Put the flour in the mixer and add the yeast, milk, sugar and eggs. Start mixing on low, as the ingredients start to incorporate, add the butter in small pieces, the salt, and the orange peel.  Keep mixing until very smooth (about 5 minutes on a Kitchen Aid type mixer). Remove the dough to a lightly floured surface and finish kneading it by hand, to make sure all butter is uniformly distributed. The dough should be slightly tacky, resist the urge to add more flour. Form a ball, and let it rise in a bowl in a warm spot until double in size, about 2 hours, depending on the temperature of your kitchen.

While you wait for your dough to rise, prepare the chocolate cream.

In a food processor, mix the sugar and hazelnuts together until you obtain a powder. It’s ok if there are still some big pieces in it. Transfer to a bowl, and sift the cocoa powder on top of it.   Add the ricotta and mix everything together with a hand mixer until your mixture becomes a cream.

Once your dough has risen, divide it in 4 equal pieces and make 4 separate balls. Make a disc with each of the 4 balls using a rolling-pin. The most important thing is that the discs are all the same size.

Place the first disc on a piece of parchment paper and spread some chocolate cream on it, making sure to leave about half an inch of free border all around. Lay the second disc on the first one and press the border with your fingers to join them together. Now spread some other chocolate cream on the second disc (always leaving a free border), add the third disc and close it with your fingers. Do the same on the third disc and close it with the last disc, but don’t spread the chocolate on it this time. The 4th disc is the top of the bread.

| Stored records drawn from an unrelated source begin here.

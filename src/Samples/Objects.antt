-- ===== src/Samples/Objects.antt =====
-- JSON objects of texts as one text, for the tests: a character is written after a stroke, and a
-- text ends with the character of number 0.
use Prim.Native.Char.{Char, char, code, nul}
use ep2pchat.Base.{
  ℕ, zero, suc, ◌≤◌, ◌<◌, ◌≡◌, refl, ap, ◌∙◌, String, Option, none, some, List, [], ◌∷◌, arith,
  length,
}
use ep2pchat.Base.Codec.{Json, entry}

abbrev pub stroke : Char
stroke = char 105 tt

abbrev pub put_text : String → String → String
put_text String.[] rest = String.◌∷◌ nul rest
put_text (String.◌∷◌ c s) rest = String.◌∷◌ stroke (String.◌∷◌ c (put_text s rest))

-- A text and what follows it.
abbrev pub with_char : Char → Option (String × String) → Option (String × String)
with_char c none = none
with_char c (some (s, rest)) = some (String.◌∷◌ c s, rest)

abbrev pub get_text : String → Option (String × String)
get_text String.[] = none
get_text (String.◌∷◌ c String.[]) = elim (code c) [ zero ↦ some ("", "") | suc _ ↦ none ]
get_text (String.◌∷◌ c (String.◌∷◌ d s)) = elim (code c) [
  | zero ↦ some ("", String.◌∷◌ d s)
  | suc _ ↦ with_char d (get_text s)
]

abbrev pub put_fields : List (String × Option String) → String
put_fields [] = ""
put_fields ((k, none) ∷ fs) = put_text k (String.◌∷◌ nul (put_fields fs))
put_fields ((k, some v) ∷ fs) = put_text k (String.◌∷◌ stroke (put_text v (put_fields fs)))

abbrev pub Fields : Type 0
Fields = List (String × Option String)

abbrev pub value_next : (String → Fields) → String → Option (String × String) → Fields
value_next more k none = []
value_next more k (some (v, rest)) = (k, some v) ∷ more rest

abbrev pub mark_next : (String → Fields) → String → String → Fields
mark_next more k String.[] = []
mark_next more k (String.◌∷◌ c rest) = elim (code c) [
  | zero ↦ (k, none) ∷ more rest
  | suc _ ↦ value_next more k (get_text rest)
]

abbrev pub key_next : (String → Fields) → Option (String × String) → Fields
key_next more none = []
key_next more (some (k, rest)) = mark_next more k rest

abbrev pub get_fields : ℕ → String → Fields
get_fields zero s = []
get_fields (suc n) s = key_next (get_fields n) (get_text s)

abbrev pub size : String → ℕ
size String.[] = 0
size (String.◌∷◌ c s) = suc (size s)

pub get-put_text : (s rest : String) → get_text (put_text s rest) ≡ some (s, rest)
get-put_text String.[] String.[] = refl
get-put_text String.[] (String.◌∷◌ d rest) = refl
get-put_text (String.◌∷◌ c s) rest = ap (with_char c) (get-put_text s rest)

get-put_fields :
    (n : ℕ) (fs : List (String × Option String)) → length fs ≤ n → get_fields n (put_fields fs) ≡ fs
get-put_fields zero [] h = refl
get-put_fields zero (f ∷ fs) h = absurd (omega arith)
get-put_fields (suc n) [] h = refl
get-put_fields (suc n) ((k, none) ∷ fs) h =
    ap (key_next (get_fields n)) (get-put_text k (String.◌∷◌ nul (put_fields fs)))
    ∙ ap (λ l. (k, none) ∷ l) (get-put_fields n fs (omega arith))
get-put_fields (suc n) ((k, some v) ∷ fs) h =
    ap (key_next (get_fields n)) (get-put_text k (String.◌∷◌ stroke (put_text v (put_fields fs))))
    ∙ ap (value_next (get_fields n) k) (get-put_text v (put_fields fs))
    ∙ ap (λ l. (k, some v) ∷ l) (get-put_fields n fs (omega arith))

size-put_text : (s rest : String) → size rest < size (put_text s rest)
size-put_text String.[] rest = omega arith
size-put_text (String.◌∷◌ c s) rest = omega (arith, size-put_text s rest)

length-put_fields : (fs : List (String × Option String)) → length fs ≤ size (put_fields fs)
length-put_fields [] = omega arith
length-put_fields ((k, none) ∷ fs) =
    omega (arith, length-put_fields fs, size-put_text k (String.◌∷◌ nul (put_fields fs)))
length-put_fields ((k, some v) ∷ fs) = omega (
  arith,
  length-put_fields fs,
  size-put_text v (put_fields fs),
  size-put_text k (String.◌∷◌ stroke (put_text v (put_fields fs))),
)

abbrev pub fields_of : String → List (String × Option String)
fields_of s = get_fields (size s) s

pub fields_of-put_fields : (fs : Fields) → fields_of (put_fields fs) ≡ fs
fields_of-put_fields fs = get-put_fields (size (put_fields fs)) fs (length-put_fields fs)

pub entry-put_fields :
    (fs : List (String × Option String)) (k : String)
    → entry k (fields_of (put_fields fs)) ≡ entry k fs
entry-put_fields fs k = ap (entry k) (fields_of-put_fields fs)

-- A value is the text of its object.
abbrev pub toy_json : Json
toy_json = record {
  Value = String;
  parse = some;
  stringify = λ v. v;
  field = λ v k. entry k (fields_of v);
  member = λ v k. none;
  empty = "";
  object = put_fields;
  parse-stringify = λ v. refl;
  field-empty = λ k. refl;
  field-object = entry-put_fields;
  member-object = λ fs k. refl;
}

Using a knife, divide the dough in 4 with 4 cuts. It’s  crucial for the shaping that you don’t cut the center of the disc (see pictures). Now make other 4 cuts between the others, for a total of 8, always leaving the center free. Finally, make 8 cuts between the ones you already made, just like the others. You will have a total of 16 sections now.

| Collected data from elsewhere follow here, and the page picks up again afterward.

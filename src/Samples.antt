-- ===== src/Samples.antt =====
-- Instances of what the client takes from its platform, for the tests: a codec of bytes, JSON of
-- objects of texts, a cipher, and a ratchet that counts its messages in its session and writes the
-- associated data into the ciphertext.
pub mod Objects
use mathlib.Core.Path.{ap₂}
use Prim.Native.Char.{Char, code, nul, char}
use ep2pchat.Base.{
  ℕ, zero, suc, ◌+◌, ◌≡◌, refl, ap, ◌∙◌, ite, String, none, some, List, [], ◌∷◌, arith, string_dec,
  text_append,
}
use ep2pchat.Base.{Option, Bool, true, false, ◌<◌, dec_lt, ◌&&◌, All, subst, sym}
use ep2pchat.Base.Dict.{lookup}
use ep2pchat.Base.Codec.{Base64, Json}
use ep2pchat.Vault.Keys.{Cipher}
use ep2pchat.Orchestration.{Ratchet, LocalKeys}
use ep2pchat.Samples.Objects.{stroke, put_text, get_text}
pub use ep2pchat.Samples.Objects.{toy_json, put_fields}

-- A byte as that many strokes and a stop.
abbrev pub strokes : ℕ → String → String
strokes zero s = String.◌∷◌ nul s
strokes (suc n) s = String.◌∷◌ stroke (strokes n s)

abbrev pub text_of : List ℕ → String
text_of [] = ""
text_of (b ∷ bs) = strokes b (text_of bs)

-- The stop is the character of number 0.
abbrev pub read_byte : ℕ → (ℕ → List ℕ) → ℕ → List ℕ
read_byte zero rest n = n ∷ rest 0
read_byte (suc c) rest n = rest (suc n)

abbrev pub bytes_of : String → ℕ → List ℕ
bytes_of String.[] n = []
bytes_of (String.◌∷◌ c s) n = read_byte (code c) (bytes_of s) n

bytes-strokes : (b n : ℕ) (s : String) → bytes_of (strokes b s) n ≡ (b + n) ∷ bytes_of s 0
bytes-strokes zero n s = ap (λ m. m ∷ bytes_of s 0) (omega arith)
bytes-strokes (suc b) n s = bytes-strokes b (suc n) s ∙ ap (λ m. m ∷ bytes_of s 0) (omega arith)

pub bytes-text : (bs : List ℕ) → bytes_of (text_of bs) 0 ≡ bs
bytes-text [] = refl
bytes-text (b ∷ bs) = bytes-strokes b 0 (text_of bs) ∙ ap₂ ◌∷◌ (omega arith) (bytes-text bs)

abbrev pub toy_b64 : Base64
toy_b64 = record {
  encode = λ bs. some (text_of bs);
  decode = λ s. some (bytes_of s 0);
  encode_bytes = λ bs _. (text_of bs, refl, ap some (bytes-text bs));
}

-- The ciphertext is the associated data and the text.
abbrev pub opened : String → String → Option String
opened conversation ciphertext = elim (get_text ciphertext) [
  | none ↦ none
  | some (d, text) ↦ ite (string_dec d conversation) (some text) none
]

abbrev pub with_session : String → Option String → Option (String × String)
with_session session none = none
with_session session (some text) = some (text_append session "+", text)

abbrev pub toy_ratchet : Ratchet
toy_ratchet = record {
  Header = ℕ;
  bob_x3dh = λ identity pre_key opk sender ephemeral. some "shared";
  ratchet_init_receiver = λ shared public_key secret. some "session";
  alice_x3dh = λ identity device pre_key opk. some ("shared", "ephemeral");
  ratchet_init_sender = λ shared pre_key. some "session";
  ratchet_encrypt = λ session text conversation. some (record {
    new_session_json = text_append session "+";
    header = 0;
    ciphertext = put_text conversation text;
  });
  ratchet_decrypt =
      λ session h ciphertext conversation. with_session session (opened conversation ciphertext);
}

abbrev pub own_keys : LocalKeys
own_keys = record {
  identity_secret = "ik";
  signed_pre_key_public = "spk";
  signed_pre_key_secret = "sspk";
}

abbrev pub checked : Bool → List ℕ → Option (List ℕ)
checked true d = some d
checked false d = none

abbrev pub small : ℕ → Bool
small b = elim (dec_lt b 256) [ yes _ ↦ true | no _ ↦ false ]

abbrev pub all_small : List ℕ → Bool
all_small [] = true
all_small (b ∷ bs) = small b && all_small bs

pub all_small-All : (bs : List ℕ) → all_small bs ≡ true → All (λ b. b < 256) bs
all_small-All [] h = tt
all_small-All (b ∷ bs) h = elim (dec_lt b 256) [
  | yes p ↦ (p, all_small-All bs (ground arith))
  | no n ↦ absurd (ground arith)
]

pub checked-same : (b : Bool) (d c : List ℕ) → checked b d ≡ some c → d ≡ c
checked-same true d c h = cc
checked-same false d c h = cc

pub checked-true : (b : Bool) (d c : List ℕ) → checked b d ≡ some c → b ≡ true
checked-true true d c h = refl
checked-true false d c h = cc

-- A cipher that stores the bytes as they are, and accepts those below 256.
abbrev pub toy_cipher : Cipher
toy_cipher = record {
  parse_hex = λ s. 0;
  seal = λ key iv d. checked (all_small d) d;
  unseal = λ key iv d. some d;
  utf8 = λ s. bytes_of s 0;
  text_of = text_of;
  unseal-seal = λ key iv d c e. ap some (sym (checked-same (all_small d) d c e));
  seal_bytes = λ key iv d c e.
      subst (All (λ b. b < 256)) (checked-same (all_small d) d c e)
        (all_small-All d (checked-true (all_small d) d c e));
}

Consider 2 sections that are next to each other: lift one with one hand and the other with the other hand and twist each of them towards the outside. This means that the piece you are holding with your right hand will be twisted to the right and the one you are holding with your left hand will be twisted to the left. Do this for all the sections. Your bread will look like a snowflake. Put it in the baking sheet with the help of the parchment paper (don’t remove it) and let it rest and rise for another hour. As the bread rises, turn your oven to 350 F.

Bake at 350°F (180°C) for 25 to 30 minutes. Let it cool on a rack.

ENJOY!

to print the recipe, click here

balls-checker

I woke up very early on Labor Day to bake this bread. Long before sunrise. Mixed the dough and went for a run with Phil, while the streets were still completely dark. Come to think of it, “with Phil” is not a correct statement. Let’s say we start together and within five minutes I am begging for mercy,  slow down my pace and see him move farther and farther ahead.  The sun started to rise midway through our run, in such a magical experience, the subtle change in light, slow and beautiful. By far my favorite kind of run. A day that started so perfectly had  to be a good baking day. And indeed it was.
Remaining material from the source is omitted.